Exercise aim -> Exactly the lines below from the one with "low x w = min (positive_part x) w" up to and including the one with "unfoldable pub write_pixel" make up the answer, with nothing else added.

[Stored entries]
------
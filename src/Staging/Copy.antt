-- ===== src/Staging/Copy.antt =====
-- src/staging.rs: the copy of what changed into a slot, from a pool that its client may shrink, and the
-- write of a single pixel. Memory is its bytes by their offsets, and how many there are.
use ihs_wl_server.Prelude.{
  ℕ, zero, suc, ◌+◌, ◌-◌, ◌*◌, min, Bool, true, false, ◌&&◌, List, [], ◌∷◌, Option, none, some, leb,
  ltb, if◌then◌else◌,
}
use ihs_wl_server.Prelude.Int.{ℤ, positive_part, ◌+ℤ◌, wrap_i32}

pub record Memory : Type 0 where
  pub byte : ℕ → ℕ
  pub len : ℕ

pub record Rect : Type 0 where
  pub x : ℤ
  pub y : ℤ
  pub w : ℤ
  pub h : ℤ

abbrev pub bpp : ℕ
bpp = 4

-- `to.copy_from_slice(from)`.
abbrev pub copy_slice : Memory → (s : ℕ) → Memory → (d bytes : ℕ) → Memory
copy_slice src s dst d bytes = record dst {
  byte = λ a. if leb d a && ltb a (d + bytes) then src.byte (s + (a - d)) else dst.byte a;
}

-- The client's buffer: its pool, where it starts there, and its stride.
pub record Buffer : Type 0 where
  pub pool : Memory
  pub offset : ℕ
  pub stride : ℕ

module _ (b : Buffer) (dst_stride x0 bytes : ℕ) where
  -- The rows from `row` on, and whether the copy goes on: it stops before it would leave either memory.
  unfoldable pub copy_rows : (left row : ℕ) → Memory → Memory × Bool
  copy_rows zero row dst = (dst, true)
  copy_rows (suc left) row dst =
      let s = b.offset + row * b.stride + x0 * bpp in
      let d = row * dst_stride + x0 * bpp in
      let rest = copy_rows left (row + 1) (copy_slice b.pool s dst d bytes) in
      if leb (s + bytes) b.pool.len && leb (d + bytes) dst.len then rest else (dst, false)

abbrev pub low : ℤ → ℕ → ℕ
low x w = min (positive_part x) w

abbrev pub high : ℤ → ℤ → ℕ → ℕ
high x size w = min (positive_part (wrap_i32 (x +ℤ size))) w

module _ (b : Buffer) (dst_stride w h : ℕ) where
  unfoldable pub copy_rect : Rect → Memory → Memory × Bool
  copy_rect r dst =
      let x0 = low r.x w in
      let y0 = low r.y h in
      let x1 = high r.x r.w w in
      let y1 = high r.y r.h h in
      if leb x1 x0
      then (dst, true)
      else copy_rows b dst_stride x0 ((x1 - x0) * bpp) (y1 - y0) y0 dst

  unfoldable pub copy_rects : List Rect → Memory → Memory
  copy_rects [] dst = dst
  copy_rects (r ∷ rs) dst =
      let copied = copy_rect r dst in
      let rest = copy_rects rs copied.0 in if copied.1 then rest else copied.0

-- The slot's mapping may fail (gbm), and the pool's may be gone.
unfoldable pub copy_damage :
    (w h : ℕ) → List Rect → Option Buffer → (dst_stride : ℕ) → Option Memory → Option Memory
copy_damage w h damage buffer dst_stride none = none
copy_damage w h damage none dst_stride (some dst) = none
copy_damage w h damage (some b) dst_stride (some dst) =
    some (copy_rects b dst_stride w h damage dst)

-- A single pixel, in memory order.
unfoldable pub write_pixel : (pixel : ℕ → ℕ) → Option Memory → Option Memory
write_pixel pixel none = none
write_pixel pixel (some dst) =
    if leb 4 dst.len
    then some (record dst { byte = λ a. if ltb a 4 then pixel a else dst.byte a })
    else none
------
Result for this exercise ->
low x w = min (positive_part x) w

abbrev pub high : ℤ → ℤ → ℕ → ℕ
high x size w = min (positive_part (wrap_i32 (x +ℤ size))) w

module _ (b : Buffer) (dst_stride w h : ℕ) where
  unfoldable pub copy_rect : Rect → Memory → Memory × Bool
  copy_rect r dst =
      let x0 = low r.x w in
      let y0 = low r.y h in
      let x1 = high r.x r.w w in
      let y1 = high r.y r.h h in
      if leb x1 x0
      then (dst, true)
      else copy_rows b dst_stride x0 ((x1 - x0) * bpp) (y1 - y0) y0 dst

  unfoldable pub copy_rects : List Rect → Memory → Memory
  copy_rects [] dst = dst
  copy_rects (r ∷ rs) dst =
      let copied = copy_rect r dst in
      let rest = copy_rects rs copied.0 in if copied.1 then rest else copied.0

-- The slot's mapping may fail (gbm), and the pool's may be gone.
unfoldable pub copy_damage :
    (w h : ℕ) → List Rect → Option Buffer → (dst_stride : ℕ) → Option Memory → Option Memory
copy_damage w h damage buffer dst_stride none = none
copy_damage w h damage none dst_stride (some dst) = none
copy_damage w h damage (some b) dst_stride (some dst) =
    some (copy_rects b dst_stride w h damage dst)

-- A single pixel, in memory order.
unfoldable pub write_pixel : (pixel : ℕ → ℕ) → Option Memory → Option Memory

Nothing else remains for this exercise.